**PROMPT**
Retype the records exactly, with nothing added or dropped.
** Opening RECORDS SUPPLIED block **
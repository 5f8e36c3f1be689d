-- ===== src/Config/Usable.antt =====
-- What the rest of the program may rely on, once the settings are validated.
use marcel_arch.Prelude.{
  ℕ, ◌≤◌, ◌<◌, String, ◌≡◌, refl, ap, sym, eq_iff, codes, ◌==◌, is_prefix-append, is_prefix-clash,
  if◌then◌else◌, ◌⊎◌, Bool, true, false, Option, none, some, ◌||◌, arith, inl, inr, starts_with,
  Bool-cases, both, both,
}
use marcel_arch.Prelude.Result.{ok, err, ok-injective, validation_error}
use marcel_arch.Schemas.{ExecutionIntent, PolicyDecision}
use marcel_arch.Audit.{make_signer}
use marcel_arch.Hitl.{new_transaction}
use marcel_arch.Config.{
  Settings, literals_fit, numbers_fit, secrets_fit, validate_database_url, validate_redis_url,
  validate_cors_origins, validate, engine_options,
}

passes :
    (b : Bool) (s r : Settings)
    → (if b then ok s else err validation_error) ≡ ok r
    → (b ≡ true) × (r ≡ s)
passes true s r h = (refl, sym (ok-injective h))
passes false s r h = absurd (cc h)

otherwise : (a b : Bool) → (a || b) ≡ true → a ≡ false → b ≡ true
otherwise a b h e = ground arith

module _ (scheme_of : String → Option String) (s : Settings) where
  -- A pool has its sizes exactly where it is not for SQLite.
  abbrev pub IsPooled : Type 0
  IsPooled =
      (((engine_options s).check_same_thread ≡ some false) × ((engine_options s).pool_size ≡ none))
      ⊎ (((engine_options s).check_same_thread ≡ none)
          × ((engine_options s).pool_size ≡ some s.database_pool_size)
          × (1 ≤ s.database_pool_size)
          × (starts_with "postgresql+asyncpg://" s.database_url ≡ true))

  pub record IsUsable : Type 0 where
    -- `AuditSigner` does not raise
    pub signs : make_signer s.audit_hmac_key ≡ ok (record { key = s.audit_hmac_key })
    -- a transaction is open for some time
    pub waits :
        (id : String) (now : ℕ) (intent : ExecutionIntent) (decision : PolicyDecision)
        → now < (new_transaction id s.approval_timeout_seconds now intent decision).expires_at
    -- a token does not expire at once
    pub lasts : 60 ≤ s.jwt_expiry_seconds
    pub pooled : IsPooled
    pub server : (scheme_of s.redis_url ≡ some "redis") ⊎ (scheme_of s.redis_url ≡ some "rediss")

  pub record Fits : Type 0 where
    pub numbers : numbers_fit s ≡ true
    pub secrets : secrets_fit s ≡ true
    pub url : validate_database_url s.database_url ≡ true
    pub redis : validate_redis_url (scheme_of s.redis_url) ≡ true

  validate-Fits : (r : Settings) → validate scheme_of s ≡ ok r → Fits × (r ≡ s)
  unfolding validate
  validate-Fits r h =
      let given = passes _ s r h in
      let redis = (both _ (validate_cors_origins s.cors_origins) given.0).0 in
      let url = both _ (validate_redis_url (scheme_of s.redis_url)) redis in
      let secrets = both _ (validate_database_url s.database_url) url.0 in
      let numbers = both _ (secrets_fit s) secrets.0 in
      (
        record {
          numbers = (both (literals_fit s) (numbers_fit s) numbers.0).1;
          secrets = numbers.1;
          url = secrets.1;
          redis = url.1;
        },
        given.1,
      )

  secrets-signs :
      secrets_fit s ≡ true → make_signer s.audit_hmac_key ≡ ok (record { key = s.audit_hmac_key })
  unfolding secrets_fit make_signer
  secrets-signs h = ground arith

  numbers-waits :
      numbers_fit s ≡ true
      → (30 ≤ s.approval_timeout_seconds) × (60 ≤ s.jwt_expiry_seconds) × (1 ≤ s.database_pool_size)
  unfolding numbers_fit
  numbers-waits h = (ground arith, ground arith, ground arith)

  new_transaction-waits :
      30 ≤ s.approval_timeout_seconds
      → (id : String) (now : ℕ) (intent : ExecutionIntent) (decision : PolicyDecision)
      → now < (new_transaction id s.approval_timeout_seconds now intent decision).expires_at
  unfolding new_transaction
  new_transaction-waits h id now intent decision = omega arith

  url-pooled : validate_database_url s.database_url ≡ true → 1 ≤ s.database_pool_size → IsPooled
  unfolding validate_database_url engine_options
  url-pooled h n = elim (Bool-cases (starts_with "sqlite+aiosqlite://" s.database_url)) [
    | inl e ↦
        simp (is_prefix-append (codes "sqlite+") (codes "aiosqlite://") (codes s.database_url) e)
          (inl (refl, refl))
    | inr e ↦
        let postgres = otherwise _ (starts_with "postgresql+asyncpg://" s.database_url) h e in
        let other =
          is_prefix-clash b'p' b's' (codes "ostgresql+asyncpg://") (codes "qlite+")
            (codes s.database_url) refl postgres in
        simp other (inr (refl, refl, n, postgres))
  ]

-- The scheme is one of the two that the validator accepts.
redis_scheme :
    (scheme : Option String)
    → validate_redis_url scheme ≡ true
    → (scheme ≡ some "redis") ⊎ (scheme ≡ some "rediss")
unfolding validate_redis_url
redis_scheme none h = ground arith
redis_scheme (some scheme) h = elim (Bool-cases ("redis" == scheme)) [
  | inl e ↦ inl (ap some (sym ((eq_iff "redis" scheme).0 e)))
  | inr e ↦ inr (ap some (sym ((eq_iff "rediss" scheme).0 (ground arith))))
]

-- Where the settings are validated, they are the ones that were given, and: the audit signer does not
-- refuse its key; a transaction of a human approval expires after it is made; a token lasts for at
-- least a minute; the database is SQLite without a pool, or PostgreSQL with a pool of at least one
-- connection; and the scheme of the Redis address is one of its two.
pub validate-IsUsable :
    (scheme_of : String → Option String) (s r : Settings)
    → validate scheme_of s ≡ ok r
    → (r ≡ s) × IsUsable scheme_of s
validate-IsUsable scheme_of s r h =
    let given = validate-Fits scheme_of s r h in
    let fits = given.0 in
    let numbers = numbers-waits scheme_of s fits.numbers in
    (
      given.1,
      record {
        signs = secrets-signs scheme_of s fits.secrets;
        waits = new_transaction-waits scheme_of s numbers.0;
        lasts = numbers.1;
        pooled = url-pooled scheme_of s fits.url numbers.2;
        server = redis_scheme (scheme_of s.redis_url) fits.redis;
      },
    )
** Closing RECORDS SUPPLIED block **
**EXERCISE RESPONSE**
repository 5f8e36c3f1be689d
-- ===== src/Config/Usable.antt =====
-- What the rest of the program may rely on, once the settings are validated.
use marcel_arch.Prelude.{
  ℕ, ◌≤◌, ◌<◌, String, ◌≡◌, refl, ap, sym, eq_iff, codes, ◌==◌, is_prefix-append, is_prefix-clash,
  if◌then◌else◌, ◌⊎◌, Bool, true, false, Option, none, some, ◌||◌, arith, inl, inr, starts_with,
  Bool-cases, both, both,
}
use marcel_arch.Prelude.Result.{ok, err, ok-injective, validation_error}
use marcel_arch.Schemas.{ExecutionIntent, PolicyDecision}
use marcel_arch.Audit.{make_signer}
use marcel_arch.Hitl.{new_transaction}
use marcel_arch.Config.{
  Settings, literals_fit, numbers_fit, secrets_fit, validate_database_url, validate_redis_url,
  validate_cors_origins, validate, engine_options,
}

passes :
    (b : Bool) (s r : Settings)
    → (if b then ok s else err validation_error) ≡ ok r
    → (b ≡ true) × (r ≡ s)
passes true s r h = (refl, sym (ok-injective h))
passes false s r h = absurd (cc h)

otherwise : (a b : Bool) → (a || b) ≡ true → a ≡ false → b ≡ true
otherwise a b h e = ground arith

module _ (scheme_of : String → Option String) (s : Settings) where
  -- A pool has its sizes exactly where it is not for SQLite.
  abbrev pub IsPooled : Type 0
  IsPooled =
      (((engine_options s).check_same_thread ≡ some false) × ((engine_options s).pool_size ≡ none))
      ⊎ (((engine_options s).check_same_thread ≡ none)
          × ((engine_options s).pool_size ≡ some s.database_pool_size)
          × (1 ≤ s.database_pool_size)
          × (starts_with "postgresql+asyncpg://" s.database_url ≡ true))

  pub record IsUsable : Type 0 where
    -- `AuditSigner` does not raise
    pub signs : make_signer s.audit_hmac_key ≡ ok (record { key = s.audit_hmac_key })
    -- a transaction is open for some time
    pub waits :
        (id : String) (now : ℕ) (intent : ExecutionIntent) (decision : PolicyDecision)
        → now < (new_transaction id s.approval_timeout_seconds now intent decision).expires_at
    -- a token does not expire at once
    pub lasts : 60 ≤ s.jwt_expiry_seconds
    pub pooled : IsPooled
    pub server : (scheme_of s.redis_url ≡ some "redis") ⊎ (scheme_of s.redis_url ≡ some "rediss")

  pub record Fits : Type 0 where
    pub numbers : numbers_fit s ≡ true
    pub secrets : secrets_fit s ≡ true
    pub url : validate_database_url s.database_url ≡ true
    pub redis : validate_redis_url (scheme_of s.redis_url) ≡ true

  validate-Fits : (r : Settings) → validate scheme_of s ≡ ok r → Fits × (r ≡ s)
  unfolding validate
  validate-Fits r h =
      let given = passes _ s r h in
      let redis = (both _ (validate_cors_origins s.cors_origins) given.0).0 in
      let url = both _ (validate_redis_url (scheme_of s.redis_url)) redis in
      let secrets = both _ (validate_database_url s.database_url) url.0 in
      let numbers = both _ (secrets_fit s) secrets.0 in
      (
        record {
          numbers = (both (literals_fit s) (numbers_fit s) numbers.0).1;
          secrets = numbers.1;
          url = secrets.1;
          redis = url.1;
        },
        given.1,
      )

  secrets-signs :
      secrets_fit s ≡ true → make_signer s.audit_hmac_key ≡ ok (record { key = s.audit_hmac_key })
  unfolding secrets_fit make_signer
  secrets-signs h = ground arith

  numbers-waits :
      numbers_fit s ≡ true
      → (30 ≤ s.approval_timeout_seconds) × (60 ≤ s.jwt_expiry_seconds) × (1 ≤ s.database_pool_size)
  unfolding numbers_fit
  numbers-waits h = (ground arith, ground arith, ground arith)

  new_transaction-waits :
      30 ≤ s.approval_timeout_seconds
      → (id : String) (now : ℕ) (intent : ExecutionIntent) (decision : PolicyDecision)
      → now < (new_transaction id s.approval_timeout_seconds now intent decision).expires_at
  unfolding new_transaction
  new_transaction-waits h id now intent decision = omega arith

  url-pooled : validate_database_url s.database_url ≡ true → 1 ≤ s.database_pool_size → IsPooled
  unfolding validate_database_url engine_options
  url-pooled h n = elim (Bool-cases (starts_with "sqlite+aiosqlite://" s.database_url)) [
    | inl e ↦
        simp (is_prefix-append (codes "sqlite+") (codes "aiosqlite://") (codes s.database_url) e)
          (inl (refl, refl))
    | inr e ↦
        let postgres = otherwise _ (starts_with "postgresql+asyncpg://" s.database_url) h e in
        let other =
          is_prefix-clash b'p' b's' (codes "ostgresql+asyncpg://") (codes "qlite+")
            (codes s.database_url) refl postgres in
        simp other (inr (refl, refl, n, postgres))
  ]

-- The scheme is one of the two that the validator accepts.
redis_scheme :
    (scheme : Option String)
    → validate_redis_url scheme ≡ true
    → (scheme ≡ some "redis") ⊎ (scheme ≡ some "rediss")
unfolding validate_redis_url
redis_scheme none h = ground arith
redis_scheme (some scheme) h = elim (Bool-cases ("redis" == scheme)) [
  | inl e ↦ inl (ap some (sym ((eq_iff "redis" scheme).0 e)))
  | inr e ↦ inr (ap some (sym ((eq_iff "rediss" scheme).0 (ground arith))))
]

-- Where the settings are validated, they are the ones that were given, and: the audit signer does not
-- refuse its key; a transaction of a human approval expires after it is made; a token lasts for at
-- least a minute; the database is SQLite without a pool, or PostgreSQL with a pool of at least one
-- connection; and the scheme of the Redis address is one of its two.
pub validate-IsUsable :
    (scheme_of : String → Option String) (s r : Settings)
    → validate scheme_of s ≡ ok r
    → (r ≡ s) × IsUsable scheme_of s
validate-IsUsable scheme_of s r h =
    let given = validate-Fits scheme_of s r h in
    let fits = given.0 in
    let numbers = numbers-waits scheme_of s fits.numbers in
    (
      given.1,
      record {
        signs = secrets-signs scheme_of s fits.secrets;
        waits = new_transaction-waits scheme_of s numbers.0;
        lasts = numbers.1;
        pooled = url-pooled scheme_of s fits.url numbers.2;
        server = redis_scheme (scheme_of s.redis_url) fits.redis;
      },
    )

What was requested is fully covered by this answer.